◆ AIM OF THE TASK: Your answer should be the exact lines of the data below from the one containing "a p t ≡ ok r" through the one containing "(h : TrialHpo x) (leyes : LeyesTrial h) (e"; please include nothing else.

------------------------------------------------

-- ===== src/Hpo/Sugeridas.antt =====
-- estudio.py: the configurations that are asked of a trial are legitimate.
use mathlib.Core.List.{Memᴰ}
use pred_engine.Prelude.{
  ℕ, zero, suc, ◌-◌, ◌*◌, ◌≤◌, String, ◌≡◌, sym, ap, subst, ◌∙◌, Bool, Option, none, some, List, [],
  length, arith,
}
use pred_engine.Prelude.Int.{ℤ, pos, diferencia, mas}
use pred_engine.Prelude.Result.{ok, >>=-eq-ok, ok_injective}
use pred_engine.Hpo.Espacio.{
  Plataforma, Parametro, entero, flotante, categorico, ordinal, Configuracion, EspacioBusqueda,
  espacio_busqueda, recorrer, restriccion_violada,
}
use pred_engine.Hpo.Sugerencia.{
  TrialHpo, ultimo_indice, sugerir_parametro, descartar, sugerir_configuracion,
}
use pred_engine.Hpo.Configuraciones.{Entre, EnDominio, EsLegitima, recorrer-EsLegitima}

module _ (x : Plataforma) where
  -- What Optuna documents of its suggestions.
  pub record LeyesTrial (h : TrialHpo x) : Type 0 where
    pub suggest_int :
        (n : String) (b a : ℤ) (p : ℕ) (t : h.Trial) (r : ℤ × h.Trial)
        → h.suggest_int n b a p t ≡ ok r
        → (k : ℕ) × (r.0 ≡ mas b (k * p)) × (k * p ≤ diferencia a b)
    pub suggest_float :
        (n : String) (b a : x.F) (l : Bool) (t : h.Trial) (r : x.F × h.Trial)
        → h.suggest_float n b a l t ≡ ok r
        → Entre x b a r.0
    pub suggest_categorical :
        (n : String) (os : List x.V) (t : h.Trial) (r : x.V × h.Trial)
        → h.suggest_categorical n os t ≡ ok r
        → Memᴰ r.0 os

  hasta_ultimo : (n k : ℕ) → k * 1 ≤ diferencia (ultimo_indice n) (pos 0) → k ≤ n - 1
  hasta_ultimo zero k h = omega arith
  hasta_ultimo (suc n) k h = omega arith

  sugerir_parametro-EnDominio :
      (h : TrialHpo x) (leyes : LeyesTrial h) (p : Parametro x) (t : h.Trial) (v : x.V × h.Trial)
      → sugerir_parametro x h p t ≡ ok v
      → EnDominio x (λ b a l f. Entre x b a f) p v.0
  unfolding sugerir_parametro
  sugerir_parametro-EnDominio h leyes (entero n b a p) t v e =
      let (r, er, e') = >>=-eq-ok (h.suggest_int n b a p t) _ e in
      let (k, es, cota) = leyes.suggest_int n b a p t r er in
      (k, sym (ap (λ u. u.0) (ok_injective e')) ∙ ap x.de_int es, cota)
  sugerir_parametro-EnDominio h leyes (flotante n b a l) t v e =
      let (r, er, e') = >>=-eq-ok (h.suggest_float n b a l t) _ e in
      (r.0, sym (ap (λ u. u.0) (ok_injective e')), leyes.suggest_float n b a l t r er)
  sugerir_parametro-EnDominio h leyes (categorico n os) t v e = leyes.suggest_categorical n os t v e
  sugerir_parametro-EnDominio h leyes (ordinal n ns) t v e =
      let (r, er, e') = >>=-eq-ok (h.suggest_int n (pos 0) (ultimo_indice (length ns)) 1 t) _ e in
      let (k, es, cota) = leyes.suggest_int n (pos 0) (ultimo_indice (length ns)) 1 t r er in
      (
        k,
        sym (ap (λ u. u.0) (ok_injective e')) ∙ ap x.de_int (es ∙ ap pos (omega arith)),
        hasta_ultimo (length ns) k cota,
      )

  -- For an accepted space and a backend that keeps to what it documents: a configuration that is
  -- asked of a trial and not discarded has exactly its active parameters, in order, each with a value
  -- of its domain, and violates no restriction.
  pub sugerir_configuracion-EsLegitima :
      (h : TrialHpo x) (leyes : LeyesTrial h) (e : EspacioBusqueda x) (t t' : h.Trial)
      (cfg : Configuracion x)
      → espacio_busqueda x e ≡ ok e
      → sugerir_configuracion x h e t ≡ ok (some cfg, t')
      → EsLegitima x (λ b a l f. Entre x b a f) e cfg
  unfolding sugerir_configuracion
  sugerir_configuracion-EsLegitima h leyes e t t' cfg valido sugiere =
      let (r, er, e') =
        >>=-eq-ok (recorrer x (sugerir_parametro x h) e.condiciones e.parametros [] t) _ sugiere in
      let (o, eo, e'') = >>=-eq-ok (restriccion_violada x e r.0) _ e' in
      segun r er o eo (ok_injective e'')
    where
      segun :
          (r : Configuracion x × h.Trial)
          → recorrer x (sugerir_parametro x h) e.condiciones e.parametros [] t ≡ ok r
          → (o : Option String) → restriccion_violada x e r.0 ≡ ok o
          → descartar x h o r.0 r.1 ≡ (some cfg, t')
          → EsLegitima x (λ b a l f. Entre x b a f) e cfg
      segun r er none eo es =
          let igual : r.0 ≡ cfg = cc es in
          subst (EsLegitima x (λ b a l f. Entre x b a f) e) igual (
            recorrer-EsLegitima x (λ b a l f. Entre x b a f) (sugerir_parametro x h)
              (sugerir_parametro-EnDominio h leyes) e t valido er eo)
      segun r er (some m) eo es = cc es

------------------------------------------------

◆ ANSWER TO THIS EXERCISE:
        → h.suggest_int n b a p t ≡ ok r
        → (k : ℕ) × (r.0 ≡ mas b (k * p)) × (k * p ≤ diferencia a b)
    pub suggest_float :
        (n : String) (b a : x.F) (l : Bool) (t : h.Trial) (r : x.F × h.Trial)
        → h.suggest_float n b a l t ≡ ok r
        → Entre x b a r.0
    pub suggest_categorical :
        (n : String) (os : List x.V) (t : h.Trial) (r : x.V × h.Trial)
        → h.suggest_categorical n os t ≡ ok r
        → Memᴰ r.0 os

  hasta_ultimo : (n k : ℕ) → k * 1 ≤ diferencia (ultimo_indice n) (pos 0) → k ≤ n - 1
  hasta_ultimo zero k h = omega arith
  hasta_ultimo (suc n) k h = omega arith

  sugerir_parametro-EnDominio :
      (h : TrialHpo x) (leyes : LeyesTrial h) (p : Parametro x) (t : h.Trial) (v : x.V × h.Trial)
      → sugerir_parametro x h p t ≡ ok v
      → EnDominio x (λ b a l f. Entre x b a f) p v.0
  unfolding sugerir_parametro
  sugerir_parametro-EnDominio h leyes (entero n b a p) t v e =
      let (r, er, e') = >>=-eq-ok (h.suggest_int n b a p t) _ e in
      let (k, es, cota) = leyes.suggest_int n b a p t r er in
      (k, sym (ap (λ u. u.0) (ok_injective e')) ∙ ap x.de_int es, cota)
  sugerir_parametro-EnDominio h leyes (flotante n b a l) t v e =
      let (r, er, e') = >>=-eq-ok (h.suggest_float n b a l t) _ e in
      (r.0, sym (ap (λ u. u.0) (ok_injective e')), leyes.suggest_float n b a l t r er)
  sugerir_parametro-EnDominio h leyes (categorico n os) t v e = leyes.suggest_categorical n os t v e
  sugerir_parametro-EnDominio h leyes (ordinal n ns) t v e =
      let (r, er, e') = >>=-eq-ok (h.suggest_int n (pos 0) (ultimo_indice (length ns)) 1 t) _ e in
      let (k, es, cota) = leyes.suggest_int n (pos 0) (ultimo_indice (length ns)) 1 t r er in
      (
        k,
        sym (ap (λ u. u.0) (ok_injective e')) ∙ ap x.de_int (es ∙ ap pos (omega arith)),
        hasta_ultimo (length ns) k cota,
      )

  -- For an accepted space and a backend that keeps to what it documents: a configuration that is
  -- asked of a trial and not discarded has exactly its active parameters, in order, each with a value
  -- of its domain, and violates no restriction.
  pub sugerir_configuracion-EsLegitima :
      (h : TrialHpo x) (leyes : LeyesTrial h) (e : EspacioBusqueda x) (t t' : h.Trial)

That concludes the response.